Refresher on Neural Networks

Central idea

• extract derived features = linear combination of the inputs
• predict target using a non-linear function of these features

Preliminary: Projection Pursuit Regression (PPR)

• Supervised learning: input vector $X \in \mathbb{R}^p$, target $Y$
• $V_m = w_m^T X$ : derived features, with $M$ unit vectors $w_m \in \mathbb{R}^p$
• PPR prediction:

$$f(X) = \sum_{m=1}^{M} g_m(V_m)$$

• Parameters:
  • $\{w_m\}_m$ : projection directions
  • $\{g_m\}_m$ : ridge functions (each varies only in the direction of $w_m$)

# Plot of two ridge function examples


from mpl_toolkits.mplot3d import Axes3D
from matplotlib import cm
import matplotlib.pyplot as plt
import numpy as np


def g_left(X1, X2):
    V = (X1 + X2) / np.sqrt(2)
    return 1.0 / (1.0 + np.exp(-5 * (V - 0.5)))


def g_right(X1, X2):
    V = X1
    return (V + 0.1) * np.sin(10 / (V / 3.0 + 0.1))


def plot_surface_3d(X1, X2, func, fig=None, subplot=(1, 1, 1)):
    if fig is None:
        fig = plt.figure(figsize=(12, 5))
    ax = fig.add_subplot(*subplot, projection='3d')
    X1, X2 = np.meshgrid(X1, X2)
    Z = func(X1, X2)
    surf = ax.plot_surface(X1, X2, Z,
        rstride=1, cstride=1, cmap=cm.coolwarm,
        linewidth=0, antialiased=False)


fig = plt.figure(figsize=(12, 5))
X1, X2 = np.linspace(-1.5, 1.5, 150), np.linspace(-0.5, 1, 150)
plot_surface_3d(X1, X2, g_left, fig, subplot=(1, 2, 1))
X1, X2 =  np.linspace(-0.05, 0.05, 300), np.linspace(0, 1, 100)
plot_surface_3d(X1, X2, g_right, fig, subplot=(1, 2, 2))

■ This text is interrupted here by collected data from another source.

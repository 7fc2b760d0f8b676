-- ===== src/Metrics/Store/Rows/Soundness.antt =====
-- What a service over a file that SQLite can open keeps to, whatever happens to it.
use tengen.Prelude.{
  ℕ, ◌+◌, ◌≤◌, String, true, some, List, [], ◌∷◌, ◌≡◌, refl, inl, inr, ◌==◌, arith, lookup, insert,
  Bool-cases, HasDistinctKeys, HasDistinctKeys-insert,
}
use tengen.Value.{Value, Fields, str, get, obj, to_text, get_in}
use tengen.Metrics.Store.Rows.{
  Table, Database, row_key, save_to_db, start, Bucket, MetricsStore, save_bucket, init_db,
  empty_store, save_buckets, load_from_db, named, load_rows, to_text,
}
use tengen.Metrics.Store.Rows.Loading.{
  IsKeyed, value_in, count-load_rows, load_rows-IsNamed, count_absent, with_bucket-Each,
  put-IsNamed,
}
use tengen.Metrics.Store.Rows.Saving.{IsNamed, has_name, lookup-save_all}
use tengen.Metrics.Store.{
  record_event, MetricsStore, Bucket, bucket_of, count, Key, Counter, buckets, get_in, increment,
  record_target, put,
}
use tengen.Metrics.Store.Targets.{field_of, target-Targets}
use tengen.Metrics.Store.Keys.{named}
use tengen.Metrics.Store.Counting.{record_event-counts}

pub record Service : Type 0 where
  pub store : MetricsStore
  pub db : Database

-- The data of an event that names texts, as every event of the program does
abbrev pub NamesTexts : Fields → Type 0
NamesTexts fs = (b : Bucket) → (name : String) × (get (field_of b) (str "unknown") fs ≡ str name)

-- What the file would give back for a name
abbrev pub saved : Bucket → String → Table → ℕ
saved b name rows = value_in (lookup (row_key b name) rows) 0

-- The file can be opened, its rows are of counters and names, the counters' keys are texts, and no
-- row is ahead of its counter.
pub record IsSound (v : Service) (rows : Table) : Type 0 where
  pub opens : v.db ≡ record { reachable = true; table = some rows }
  pub keyed : IsKeyed rows
  pub distinct : HasDistinctKeys rows
  pub named : (b : Bucket) → IsNamed (bucket_of b v.store)
  pub behind :
      (b : Bucket) (name : String)
      → saved b name rows ≤ count (Key.named name) (bucket_of b v.store)

-- The tables that saving writes stay keyed and distinct.
module _ (show : Value → String) (now : String) where
  insert-IsKeyed :
      (b : Bucket) (name : String) (x : ℕ × String) (rows : Table)
      → IsKeyed rows
      → IsKeyed (insert (row_key b name) x rows)
  unfolding insert
  insert-IsKeyed b name x [] h = ((b, name, refl), tt)
  insert-IsKeyed b name x ((k, y) ∷ rows) (p, h) = elim (Bool-cases (k == row_key b name)) [
    | inl e ↦ rw e (p, h)
    | inr e ↦ rw e (p, insert-IsKeyed b name x rows h)
  ]

  save_bucket-IsKeyed :
      (b : Bucket) (c : Counter) (rows : Table)
      → IsKeyed rows
      → IsKeyed (save_bucket show now b c rows)
  unfolding save_bucket
  save_bucket-IsKeyed b [] rows h = h
  save_bucket-IsKeyed b ((v, n) ∷ c) rows h =
      save_bucket-IsKeyed b c _ (insert-IsKeyed b (to_text show v) (n, now) rows h)

  pub save_buckets-IsKeyed :
      (bs : List Bucket) (s : MetricsStore) (rows : Table)
      → IsKeyed rows
      → IsKeyed (save_buckets show now bs s rows)
  unfolding save_buckets
  save_buckets-IsKeyed [] s rows h = h
  save_buckets-IsKeyed (b ∷ bs) s rows h =
      save_buckets-IsKeyed bs s _ (save_bucket-IsKeyed b (bucket_of b s) rows h)

  save_bucket-HasDistinctKeys :
      (b : Bucket) (c : Counter) (rows : Table)
      → HasDistinctKeys rows
      → HasDistinctKeys (save_bucket show now b c rows)
  unfolding save_bucket
  save_bucket-HasDistinctKeys b [] rows h = h
  save_bucket-HasDistinctKeys b ((v, n) ∷ c) rows h =
      save_bucket-HasDistinctKeys b c _
        (HasDistinctKeys-insert (row_key b (to_text show v)) (n, now) rows h)

  save_buckets-HasDistinctKeys :
      (bs : List Bucket) (s : MetricsStore) (rows : Table)
      → HasDistinctKeys rows
      → HasDistinctKeys (save_buckets show now bs s rows)
  unfolding save_buckets
  save_buckets-HasDistinctKeys [] s rows h = h
  save_buckets-HasDistinctKeys (b ∷ bs) s rows h =
      save_buckets-HasDistinctKeys bs s _ (save_bucket-HasDistinctKeys b (bucket_of b s) rows h)

  -- After a flush, the file gives back what the store counts.
  pub saved-save_all :
      (v : Service) (rows : Table)
      → IsSound v rows
      → (b : Bucket) (name : String)
      → saved b name (save_buckets show now buckets v.store rows)
        ≡ count (named name) (bucket_of b v.store)
  saved-save_all v rows h b name = elim (Bool-cases (has_name name (bucket_of b v.store))) [
    | inl e ↦ rw (lookup-save_all show now b name v.store rows h.named, e) refl
    | inr e ↦
        rw (lookup-save_all show now b name v.store rows h.named, e)
          (let p = h.behind b name in
            let q = count_absent name (bucket_of b v.store) e in omega arith)
  ]

  pub flushed-IsSound :
      (v : Service) (rows : Table)
      → IsSound v rows
      → IsSound
          (record v { db = save_to_db show now v.store v.db })
          (save_buckets show now buckets v.store rows)
  unfolding save_to_db
  flushed-IsSound v rows h = record {
    opens = rw h.opens refl;
    keyed = save_buckets-IsKeyed buckets v.store rows h.keyed;
    distinct = save_buckets-HasDistinctKeys buckets v.store rows h.distinct;
    named = h.named;
    behind = λ b name. rw (saved-save_all v rows h b name) (omega arith);
  }

pub empty-IsNamed : (b : Bucket) → IsNamed (bucket_of b empty_store)
empty-IsNamed Bucket.route_counts = tt
empty-IsNamed Bucket.runbook_success = tt
empty-IsNamed Bucket.runbook_error = tt
empty-IsNamed Bucket.alert_ingested = tt
empty-IsNamed Bucket.dlq_counts = tt
empty-IsNamed Bucket.containment_executed = tt
empty-IsNamed Bucket.normalization_counts = tt

pub count-empty : (k : Key) (b : Bucket) → count k (bucket_of b empty_store) ≡ 0
unfolding count
count-empty k Bucket.route_counts = refl
count-empty k Bucket.runbook_success = refl
count-empty k Bucket.runbook_error = refl
count-empty k Bucket.alert_ingested = refl
count-empty k Bucket.dlq_counts = refl
count-empty k Bucket.containment_executed = refl
count-empty k Bucket.normalization_counts = refl

pub start-store :
    (v : Service) (rows : Table) → IsSound v rows → (start v.db).0 ≡ load_rows rows empty_store
unfolding start init_db load_from_db
start-store v rows h = rw h.opens refl

pub restarted-IsSound :
    (v : Service) (rows : Table)
    → IsSound v rows
    → IsSound (record { store = (start v.db).0; db = (start v.db).1 }) rows
unfolding start init_db
restarted-IsSound v rows h = record {
  opens = rw h.opens refl;
  keyed = h.keyed;
  distinct = h.distinct;
  named =
      λ b. rw (start-store v rows h) (load_rows-IsNamed rows empty_store h.keyed empty-IsNamed b);
  behind = λ b name.
      rw
        (
          start-store v rows h,
          count-load_rows b name rows empty_store h.keyed h.distinct,
          count-empty (named name) b,
        )
        (omega arith);
}

target-IsNamed :
    (o : Bucket) (fs : Fields) (s : MetricsStore)
    → NamesTexts fs
    → ((b : Bucket) → IsNamed (bucket_of b s))
    → (b : Bucket) → IsNamed (bucket_of b (record_target (some (o, field_of o)) (obj fs) s).1)
unfolding get_in increment
target-IsNamed o fs s t h b =
    let (name, p) = t o in
    rw p (
      with_bucket-Each (λ c. IsNamed c) o
        (put (named name) (str name) (count (named name) (bucket_of o s) + 1) (bucket_of o s)) s
        (put-IsNamed name (count (named name) (bucket_of o s) + 1) (bucket_of o s) (h o)) h b)

record_event-IsNamed :
    (e : Value) (fs : Fields) (s : MetricsStore)
    → NamesTexts fs
    → ((b : Bucket) → IsNamed (bucket_of b s))
    → (b : Bucket) → IsNamed (bucket_of b (record_event e (obj fs) s).1)
unfolding record_event
record_event-IsNamed e fs s t h b = elim (target-Targets e) [
  | inl (p, _) ↦ rw p (h b)
  | inr (o, p, _) ↦ rw p (target-IsNamed o fs s t h b)
]

pub counted-IsSound :
    (e : Value) (fs : Fields) (v : Service) (rows : Table)
    → NamesTexts fs
    → IsSound v rows
    → IsSound (record v { store = (record_event e (obj fs) v.store).1 }) rows
counted-IsSound e fs v rows t h = record {
  opens = h.opens;
  keyed = h.keyed;
  distinct = h.distinct;
  named = record_event-IsNamed e fs v.store t h.named;
  behind = λ b name.
      omega (arith, h.behind b name, record_event-counts b (named name) e (obj fs) v.store);
}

• PPR model is a universal approximator: can approximate any continuous function in $\mathbb{R}^p$ (if M is taken arbitrarily large, for appropriate choices of $g_m$)
• but interpretation of the fitted model is difficult (mixing of the input features)
• Learning: PPR model is fitted by minimizing the squared error in an alternating manner:
  • Given $w_m$, estimate $g_m$: 1D smoothing problem (e.g. use splines)
  • Given $g_m$, estimate $w_m$: non-linear least-squares (e.g. use Gauss-Newton)
  • Iterate these two steps until convergence
  • Greedily add a new pair $(w_{m+1}, g_{m+1})$
• PPR not used much (originally for computational reasons)

Neural Networks (NN)

The model

• NN = non-linear statistical model inspired by biological neural networks
• Set of neurons (much like $g_m(w_m^T X)$ in PPR) interconnected in layers in a feed-forward fashion

# How to plot a network diagram of a NN


import matplotlib.pyplot as plt
import networkx as nx


class NeuralNetwork(object):
    """ A simple neural network class for visualization purposes
    """
    def __init__(self, n_nodes_per_layer):
        """ Build the network layer by layer
        """
        self.n_nodes_per_layer = n_nodes_per_layer
        self.graph = nx.DiGraph()
        self.nodes_pos = {}
        self.nodes_label = {}
        self.input_units = []
        self.hidden_units = []
        self.output_units = []

        # add the units per layer
        for layer_i, layer_size in enumerate(n_nodes_per_layer):

            # add the nodes for this layer
            for node_i in range(layer_size):

                node = "%d_%d" % (layer_i, node_i)  # simple encoding of a node
                self.graph.add_node(node)
                self.nodes_pos[node] = (layer_i, layer_size / 2.0 - node_i)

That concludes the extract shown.